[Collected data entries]

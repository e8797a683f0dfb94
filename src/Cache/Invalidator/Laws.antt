-- ===== src/Cache/Invalidator/Laws.antt =====
-- Which keys the invalidators delete, and which they leave.
use quant_api_gateway.Prelude.{
  ℕ, ◌<◌, String, ◌<>◌, ◌≡◌, refl, sym, ap, ◌∙◌, inl, inr, Bool, true, false, ◌&&◌, Option, none,
  some, [], ◌∷◌, ◌==◌, Option-cases, one_of, Result, ok, err,
}
use Prim.Native.Char.{code}
use text.Mathlib.TextLemmas.{cons-append}
use quant_api_gateway.Cache.{Redis, Exception, invalidate_key, attempt, str_eq, Bool-cases, eq_iff}
use quant_api_gateway.Cache.Pattern.{Pass, invalidate_pattern}
use quant_api_gateway.Cache.Laws.{IsLawful}
use quant_api_gateway.Cache.Ends.{ScanEnds, Flushes, invalidate_pattern-Flushes}
use quant_api_gateway.Cache.Invalidator.{
  overall_performance_key, strategy_performance_key, gateway_cache_pattern, strategy_report_pattern,
  strategy_trades_pattern, strategy_benchmark_pattern, settled, invalidate_strategy_report_bundle,
  flush_all, invalidate_overall_cache, best_effort, invalidate_strategy_cache,
}

-- `j.startswith(p)`.
abbrev pub has_prefix : String → String → Bool
has_prefix String.[] j = true
has_prefix (String.◌∷◌ c p) String.[] = false
has_prefix (String.◌∷◌ c p) (String.◌∷◌ d j) = code c == code d && has_prefix p j

module _ (R : Redis) (law : IsLawful R) where
  open law use {lookup}

  deleted_else :
      (key j : String) (s : R.State)
      → one_of j (key ∷ []) ≡ false
      → ((best_effort (invalidate_key R key) s).0 ≡ ok tt)
        × (lookup (best_effort (invalidate_key R key) s).1 j ≡ lookup s j)
  unfolding invalidate_key
  deleted_else key j s out = elim (Option-cases (R.delete (key ∷ []) s).0) [
    | inl e ↦ rw (e, attempt) (refl, law.delete_others (key ∷ []) j s out)
    | inr (_, e) ↦ rw (e, attempt) (refl, law.delete_others (key ∷ []) j s out)
  ]

  -- On a lawful Redis, available or not, the invalidations of the overall performance and of a
  -- strategy's never raise, and each leaves every key but its own as it was.
  pub invalidate_caches-spare :
      (i j k : String) (s : R.State)
      → one_of j (overall_performance_key ∷ []) ≡ false
      → one_of k (strategy_performance_key i ∷ []) ≡ false
      → (((invalidate_overall_cache R s).0 ≡ ok tt)
          × (lookup (invalidate_overall_cache R s).1 j ≡ lookup s j))
        × (((invalidate_strategy_cache R i s).0 ≡ ok tt)
            × (lookup (invalidate_strategy_cache R i s).1 k ≡ lookup s k))
  unfolding invalidate_overall_cache invalidate_strategy_cache
  invalidate_caches-spare i j k s other_j other_k = (
    deleted_else overall_performance_key j s other_j,
    deleted_else (strategy_performance_key i) k s other_k,
  )

module _ (R : Redis) (law : IsLawful R) (ends : ScanEnds R) where
  open law use {lookup, matches}

  -- The state that a best-effort pass leaves: it is reached, and the other keys are untouched.
  record Settles (pattern : String) (s : R.State) (o : Option R.State) : Type 0 where
    state : R.State
    reached : o ≡ some state
    spares : (j : String) → matches pattern j ≡ false → lookup state j ≡ lookup s j

  settles :
      (pattern : String) (s : R.State) (r : Pass R pattern)
      → Flushes R law ends pattern s r
      → Settles pattern s (settled R r)
  settles pattern s none f = absurd f
  settles pattern s (some (ok _, t)) f = record {
    state = t;
    reached = refl;
    spares = λ j out. f j ∙ rw out refl;
  }
  settles pattern s (some (err _, t)) f = record { state = t; reached = refl; spares = f.1 }

  pattern-Settles :
      (pattern : String) (fuel : ℕ) (s : R.State)
      → ends.rank 0 < fuel
      → Settles pattern s (settled R (invalidate_pattern R pattern fuel s))
  pattern-Settles pattern fuel s h =
      settles pattern s (invalidate_pattern R pattern fuel s)
        (invalidate_pattern-Flushes R law ends pattern fuel s h)

  -- On a lawful Redis, with fuel above the rank of cursor 0, the invalidation of a strategy's report
  -- bundle comes to an end without an exception, and leaves alone a key that none of the strategy's
  -- report, trades and benchmark patterns match.
  pub report_bundle-spares :
      (fuel : ℕ) (i j : String) (s : R.State)
      → ends.rank 0 < fuel
      → matches (strategy_report_pattern i) j ≡ false
      → matches (strategy_trades_pattern i) j ≡ false
      → matches (strategy_benchmark_pattern i) j ≡ false
      → (t : R.State) × (invalidate_strategy_report_bundle R fuel i s ≡ some t)
        × (lookup t j ≡ lookup s j)
  unfolding invalidate_strategy_report_bundle
  report_bundle-spares fuel i j s h no_report no_trades no_benchmark =
      let a = pattern-Settles (strategy_report_pattern i) fuel s h in
      let b = pattern-Settles (strategy_trades_pattern i) fuel a.state h in
      let c = pattern-Settles (strategy_benchmark_pattern i) fuel b.state h in
      (
        c.state,
        rw a.reached (rw b.reached c.reached),
        c.spares j no_benchmark ∙ b.spares j no_trades ∙ a.spares j no_report,
      )

  -- It comes to an end whatever the keys.
  pub report_bundle-ends :
      (fuel : ℕ) (i : String) (s : R.State)
      → ends.rank 0 < fuel
      → (t : R.State) × (invalidate_strategy_report_bundle R fuel i s ≡ some t)
  unfolding invalidate_strategy_report_bundle
  report_bundle-ends fuel i s h =
      let a = pattern-Settles (strategy_report_pattern i) fuel s h in
      let b = pattern-Settles (strategy_trades_pattern i) fuel a.state h in
      let c = pattern-Settles (strategy_benchmark_pattern i) fuel b.state h in
      (c.state, rw a.reached (rw b.reached c.reached))

  cleared :
      (pattern j : String) (s : R.State) (n : ℕ) (t : R.State) (r : Pass R pattern)
      → Flushes R law ends pattern s r
      → r ≡ some (ok n, t)
      → matches pattern j ≡ true
      → lookup t j ≡ none
  cleared pattern j s n t none f e m = absurd f
  cleared pattern j s n t (some (err _, u)) f e m = cc
  cleared pattern j s n t (some (ok _, u)) f e m =
      let same : u ≡ t = cc in ap (λ v. lookup v j) (sym same) ∙ f j ∙ rw m refl

  -- The same invalidation, when its pass over the report keys returns: a key of theirs that neither
  -- of the other two patterns matches is gone.
  pub report_bundle-clears :
      (fuel : ℕ) (i j : String) (s : R.State) (n : ℕ) (t : R.State)
      → ends.rank 0 < fuel
      → invalidate_pattern R (strategy_report_pattern i) fuel s ≡ some (ok n, t)
      → matches (strategy_report_pattern i) j ≡ true
      → matches (strategy_trades_pattern i) j ≡ false
      → matches (strategy_benchmark_pattern i) j ≡ false
      → (u : R.State) × (invalidate_strategy_report_bundle R fuel i s ≡ some u)
        × (lookup u j ≡ none)
  unfolding invalidate_strategy_report_bundle
  report_bundle-clears fuel i j s n t h returned report no_trades no_benchmark =
      let gone =
        cleared (strategy_report_pattern i) j s n t
          (invalidate_pattern R (strategy_report_pattern i) fuel s)
          (invalidate_pattern-Flushes R law ends (strategy_report_pattern i) fuel s h) returned
          report in
      let b = pattern-Settles (strategy_trades_pattern i) fuel t h in
      let c = pattern-Settles (strategy_benchmark_pattern i) fuel b.state h in
      (
        c.state,
        rw (returned, b.reached) c.reached,
        c.spares j no_benchmark ∙ b.spares j no_trades ∙ gone,
      )

  -- The keys under which the endpoints cache performance, snapshots and metrics.
  pub data ResultKey : String → Type 0 where
    overall : ResultKey overall_performance_key
    strategy : (i : String) → ResultKey (strategy_performance_key i)
    snapshot : (date : String) → ResultKey ("portfolio_snapshot:" <> date)
    metrics : (date : String) → ResultKey ("portfolio_metrics:" <> date)

  not_gateway : {k : String} → ResultKey k → has_prefix "gateway:" k ≡ false
  not_gateway overall = refl
  not_gateway (strategy i) = rw (cons-append _ "trategy:" _) refl
  not_gateway (snapshot date) = rw (cons-append _ "ortfolio_snapshot:" _) refl
  not_gateway (metrics date) = rw (cons-append _ "ortfolio_metrics:" _) refl

  pub ResultKey-differs :
      {i : String} (k : String) → ResultKey i → has_prefix "gateway:" k ≡ true → str_eq i k ≡ false
  ResultKey-differs {i} k key gateway = elim (Bool-cases (str_eq i k)) [
    | inl e ↦
        let same : i ≡ k = (eq_iff i k).0 e in
        let no : has_prefix "gateway:" i ≡ false = not_gateway key in
        let yes : has_prefix "gateway:" i ≡ true = ap (has_prefix "gateway:") same ∙ gateway in cc
    | inr e ↦ e
  ]

  -- The glob `gateway:*` matches the keys that begin with `gateway:`.
  abbrev GlobIsPrefix : Type 0
  GlobIsPrefix = (j : String) → matches gateway_cache_pattern j ≡ has_prefix "gateway:" j

  flush_leaves :
      (s : R.State) (r : Pass R gateway_cache_pattern) (k : String)
      → matches gateway_cache_pattern k ≡ false
      → Flushes R law ends gateway_cache_pattern s r
      → (e : Result Exception ℕ) × (t : R.State) × (r ≡ some (e, t)) × (lookup t k ≡ lookup s k)
  flush_leaves s none k out f = absurd f
  flush_leaves s (some (ok n, t)) k out f = (ok n, t, refl, f k ∙ rw out refl)
  flush_leaves s (some (err e, t)) k out f = (err e, t, refl, f.1 k out)

  pub flush_all-Flushes :
      (fuel : ℕ) (s : R.State)
      → ends.rank 0 < fuel
      → Flushes R law ends gateway_cache_pattern s (flush_all R fuel s)
  unfolding flush_all
  flush_all-Flushes fuel s h = invalidate_pattern-Flushes R law ends gateway_cache_pattern fuel s h

  -- On a lawful Redis whose glob `gateway:*` matches the keys with that prefix, and with fuel above
  -- the rank of cursor 0, `flush_all` ends and leaves what is cached under the keys of performance,
  -- snapshots and metrics as it was.
  pub flush_all_misses :
      (fuel : ℕ) (s : R.State) (k : String)
      → GlobIsPrefix
      → ends.rank 0 < fuel
      → ResultKey k
      → (e : Result Exception ℕ) × (t : R.State) × (flush_all R fuel s ≡ some (e, t))
        × (lookup t k ≡ lookup s k)
  unfolding flush_all
  flush_all_misses fuel s k glob h key =
      flush_leaves s (invalidate_pattern R gateway_cache_pattern fuel s) k
        (glob k ∙ not_gateway key)
        (invalidate_pattern-Flushes R law ends gateway_cache_pattern fuel s h)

> **Task to complete**:
Each line in the entries above, starting at the line with "flush_leaves s none k out f = absurd f" and ending at the line with "-- On a lawful Redis whose", is to be printed exactly, and only those lines.

> **Result of the exercise**:
  flush_leaves s none k out f = absurd f
  flush_leaves s (some (ok n, t)) k out f = (ok n, t, refl, f k ∙ rw out refl)
  flush_leaves s (some (err e, t)) k out f = (err e, t, refl, f.1 k out)

  pub flush_all-Flushes :
      (fuel : ℕ) (s : R.State)
      → ends.rank 0 < fuel
      → Flushes R law ends gateway_cache_pattern s (flush_all R fuel s)
  unfolding flush_all
  flush_all-Flushes fuel s h = invalidate_pattern-Flushes R law ends gateway_cache_pattern fuel s h

  -- On a lawful Redis whose glob `gateway:*` matches the keys with that prefix, and with fuel above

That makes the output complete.